We have a 921 software L188. My husband tried to add OTA channels to our favorites list (which didn't work) and now we can't add any channels to any of our favorites list. If you add them they just never show up in the list.
We also seem to have the problem that the info button information does not match what is playing if you select that while viewing a program. It is correct however if you use the guide button and then info. This issue was fixed with L188 upgrade but appears to be back to not giving the correct information this a.m.
Has anyone else experienced these problems? I searched on the forums and did not see these issues listed. Thanks!


----------



## SimpleSimon (Jan 15, 2004)

If the bad Info is on a OTA channel, that makes sense - because there isn't any - this is a known problem.

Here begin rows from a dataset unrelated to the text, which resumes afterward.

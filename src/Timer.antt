-- ===== src/Timer.antt =====
-- crates/logiksmith-core/src/state.rs: named timers, the effects on them, and their validation.
pub mod Effects
use logik_smith.Prelude.{
  ℕ, Bool, Option, none, some, List, [], ◌∷◌, ◌==◌, ltb, if◌then◌else◌, not, length, is_some,
}
use logik_smith.Prelude.Order.{list_ord, nat_ord}
use logik_smith.Prelude.Result.{Result, ok, err, ◌>>=◌, ◌>>◌, reject}
use logik_smith.BTreeMap.{BTreeMap, len, get, insert, remove, values}
use logik_smith.Text.{Text}
use logik_smith.Limits.{RuntimeLimits}
use logik_smith.Values.{MonotonicMs}
use logik_smith.Program.{TimerName, LogicRevision}

pub data TimerAction : Type 0 where
  scheduled : (after_ms : ℕ) (due_at : MonotonicMs) → TimerAction
  replaced : (previous_due_at : MonotonicMs) (after_ms : ℕ) (due_at : MonotonicMs) → TimerAction
  cancelled : (previous_due_at : MonotonicMs) → TimerAction
  cancel_noop : TimerAction

pub record TimerEffect : Type 0 where
  pub name : TimerName
  pub action : TimerAction

pub record PendingTimer : Type 0 where
  pub name : TimerName
  pub scheduled_at : MonotonicMs
  pub due_at : MonotonicMs
  pub scheduled_logic_revision : LogicRevision

abbrev pub Timers : Type 0
Timers = BTreeMap TimerName PendingTimer

-- The body of the loop, on one effect.
unfoldable pub apply_action :
    Timers → TimerName → TimerAction → MonotonicMs → LogicRevision → Timers
apply_action pending name (scheduled after_ms due_at) now revision =
    insert name
      (record {
        name = name;
        scheduled_at = now;
        due_at = due_at;
        scheduled_logic_revision = revision;
      })
      pending
apply_action pending name (replaced previous_due_at after_ms due_at) now revision =
    insert name
      (record {
        name = name;
        scheduled_at = now;
        due_at = due_at;
        scheduled_logic_revision = revision;
      })
      pending
apply_action pending name (cancelled previous_due_at) now revision = remove name pending
apply_action pending name cancel_noop now revision = remove name pending

unfoldable pub apply_timer_effects :
    Timers → List TimerEffect → MonotonicMs → LogicRevision → Timers
apply_timer_effects pending [] now revision = pending
apply_timer_effects pending (effect ∷ effects) now revision =
    apply_timer_effects (apply_action pending effect.name effect.action now revision) effects now
      revision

Lots of known problems with favorites lists - especially OTA.

Dunno why your searches didn't find the threads on them - they do exist.


----------



## joni (Sep 24, 2004)

You are correct I did see threads on favorites and OTA but not any that dealt with the any other favorites list not retaining any changes to them after an attempt to add an OTA to a different favorites list. Thanks for your response.


----------



## Mark Lamutt (Mar 24, 2002)

joni - the next version will resolve a lot of the L188 problems with the favorites lists.


----------



## lujan (Feb 10, 2004)

joni said:


> We have a 921 software L188. My husband tried to add OTA channels to our favorites list (which didn't work) and now we can't add any channels to any of our favorites list. If you add them they just never show up in the list.
> We also seem to have the problem that the info button information does not match what is playing if you select that while viewing a program. It is correct however if you use the guide button and then info. This issue was fixed with L188 upgrade but appears to be back to not giving the correct information this a.m.
> Has anyone else experienced these problems? I searched on the forums and did not see these issues listed. Thanks!

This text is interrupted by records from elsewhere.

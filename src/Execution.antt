-- ===== src/Execution.antt =====
-- crates/logiksmith-core/src/state.rs and support.rs: triggers, input snapshots, transitions and
-- the record of one execution.
pub mod Edges
use logik_smith.Prelude.{
  ℕ, Bool, true, false, Option, none, some, List, [], ◌∷◌, not, ◌&&◌, if◌then◌else◌,
}
use logik_smith.Prelude.Result.{Result}
use logik_smith.Prelude.Int.{ℤ}
use logik_smith.Text.{Text}
use logik_smith.Identifiers.{EndpointName, BlockId, SignalName}
use logik_smith.Values.{
  Dpt, Value, switch, percent, temperature, TypedValue, typed_eq, OutputEffect, MonotonicMs,
}
use logik_smith.Program.{LogicRevision, LogicError, TimerName}
use logik_smith.State.{TransientState, StatePatch}
use logik_smith.Timer.{TimerEffect, PendingTimer}

pub record InputTrigger : Type 0 where
  pub endpoint : EndpointName
  pub value : TypedValue
  pub previous : Option TypedValue
  pub changed : Bool
  pub rising : Bool
  pub falling : Bool

pub record InputSnapshot : Type 0 where
  pub endpoint : EndpointName
  pub dpt : Dpt
  pub value : Option TypedValue
  pub valid : Bool
  pub age_ms : Option ℕ

pub record TimerTrigger : Type 0 where
  pub name : TimerName
  pub scheduled_at : MonotonicMs
  pub due_at : MonotonicMs
  pub fired_at : MonotonicMs
  pub scheduled_logic_revision : LogicRevision

pub data ScheduleKind : Type 0 where
  fixed interval astronomical : ScheduleKind

-- schedule_rules.rs: one due occurrence of a schedule.
pub record ScheduleTrigger : Type 0 where
  pub block_id : BlockId
  pub name : Text
  pub kind : ScheduleKind
  pub scheduled_for_utc_ms : ℤ
  pub detected_at_utc_ms : ℤ
  pub coalesced_count : ℕ
  pub structural_revision : ℕ

pub data Trigger : Type 0 where
  by_input : InputTrigger → Trigger
  by_timer : TimerTrigger → Trigger
  by_schedule : ScheduleTrigger → Trigger

pub record Transition : Type 0 where
  pub state : StatePatch
  pub outputs : List OutputEffect
  pub timers : List TimerEffect

-- blocks.rs: one endpoint in the graph of a signal, and a value produced for a signal.
pub record SignalEndpointId : Type 0 where
  pub block_id : BlockId
  pub endpoint : EndpointName

abbrev pub ExecutionId : Type 0
ExecutionId = ℕ

pub record SignalEffect : Type 0 where
  pub signal : SignalName
  pub value : TypedValue
  pub changed : Bool
  pub producer : SignalEndpointId
  pub producing_execution : Option ExecutionId
  pub consumers : List SignalEndpointId

-- The site and the instant that the time context of an execution is computed from. (The calendar
-- and solar values themselves come from packages.)
pub record SiteTimeConfig : Type 0 where
  pub timezone : Text
  pub coordinates : Option (ℕ × ℕ)

pub record TimeSample : Type 0 where
  pub site : SiteTimeConfig
  pub utc_unix_ms : Option ℤ

-- support.rs: `default_site`
abbrev pub default_site : SiteTimeConfig
default_site = record { timezone = b'U' ∷ b'T' ∷ b'C' ∷ []; coordinates = none }

pub record Execution : Type 0 where
  pub id : Option ExecutionId
  pub causal_producer : Option ExecutionId
  pub logic_revision : LogicRevision
  pub trigger : Trigger
  pub inputs : List InputSnapshot
  pub state_before : TransientState
  pub state_after : TransientState
  pub pending_timers : List PendingTimer
  pub outcome : Result LogicError Transition
  pub signal_effects : List SignalEffect
  pub eligible_consumers : List SignalEndpointId
  pub time_context : TimeSample

-- `Execution::with_now`
unfoldable pub with_now :
    LogicRevision
    → Trigger
    → List InputSnapshot
    → TransientState
    → TransientState
    → List PendingTimer
    → Result LogicError Transition
    → TimeSample
    → Execution
with_now revision trigger inputs before after timers outcome time = record {
  id = none;
  causal_producer = none;
  logic_revision = revision;
  trigger = trigger;
  inputs = inputs;
  state_before = before;
  state_after = after;
  pending_timers = timers;
  outcome = outcome;
  signal_effects = [];
  eligible_consumers = [];
  time_context = time;
}

-- `Execution::set_runtime_metadata` and `Execution::set_signal_metadata`
unfoldable pub set_runtime_metadata : Execution → ExecutionId → Option ExecutionId → Execution
set_runtime_metadata e id causal = record e { id = some id; causal_producer = causal }

unfoldable pub set_signal_metadata :
    Execution → List SignalEffect → List SignalEndpointId → Execution
set_signal_metadata e effects consumers = record e {
  signal_effects = effects;
  eligible_consumers = consumers;
}

-- `previous.is_some_and(|previous| previous != value)`
differs : Option TypedValue → TypedValue → Bool
differs none value = false
differs (some previous) value = not (typed_eq previous value)

-- The pattern `(Some(Value::Bool(from)), Value::Bool(to))`.
is_edge : Bool → Bool → Option TypedValue → Value → Bool
is_edge from to none value = false
is_edge from to (some previous) (percent p) = false
is_edge from to (some previous) (temperature t) = false
is_edge from to (some previous) (switch b) = elim previous.value [
  | switch a ↦ (if a then from else not from) && (if b then to else not to)
  | percent p ↦ false
  | temperature t ↦ false
]

-- support.rs: `input_trigger`
unfoldable pub input_trigger : EndpointName → TypedValue → Option TypedValue → InputTrigger
unfolding differs is_edge
input_trigger endpoint value previous = record {
  endpoint = endpoint;
  value = value;
  previous = previous;
  changed = differs previous value;
  rising = is_edge false true previous value.value;
  falling = is_edge true false previous value.value;
}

Yes, last night while watching "Clubhouse" on the local CBS OTA station, I pressed "Info" and got the "Presidentail Debate" and it indicated the date as 9/30/04 which is the correct time of the debate but it was 9/26/04? It also listed it as the ABC satellite station (not the OTA ABC station) even though I was watching the CBS OTA station (KRQE). Very odd?


----------



## mikehd (Sep 11, 2003)

Ok, so I'm not going crazy...

I've experienced the same problem with trying to add OTA to a favorites list. Just won't stick. Also the mismatched Info displayed while viewing a program, but will be correct in the guide.

L189 where are you???


----------



## KKlare (Sep 24, 2004)

OTA channels sort of stick. They are in the up-down channel selection, just not in the guide for your favorites. You could have an 811 where if the channel is not in the current guide, you cannot select it by number.

BTW, you can just enter 07 to get 007-01 if you have not analogs. How long will that stay?


----------



## mikehd (Sep 11, 2003)

Yeah, they show up in the ALL list, but can not be added to a custom favorites. Will this be addressed in L189?

I have a few analog stations added, but I'll try the direct entry to see if it will go to the OTA DTV station that I get (Oregon Public Broadcasting).


----------



## Mark Lamutt (Mar 24, 2002)

Yes.


----------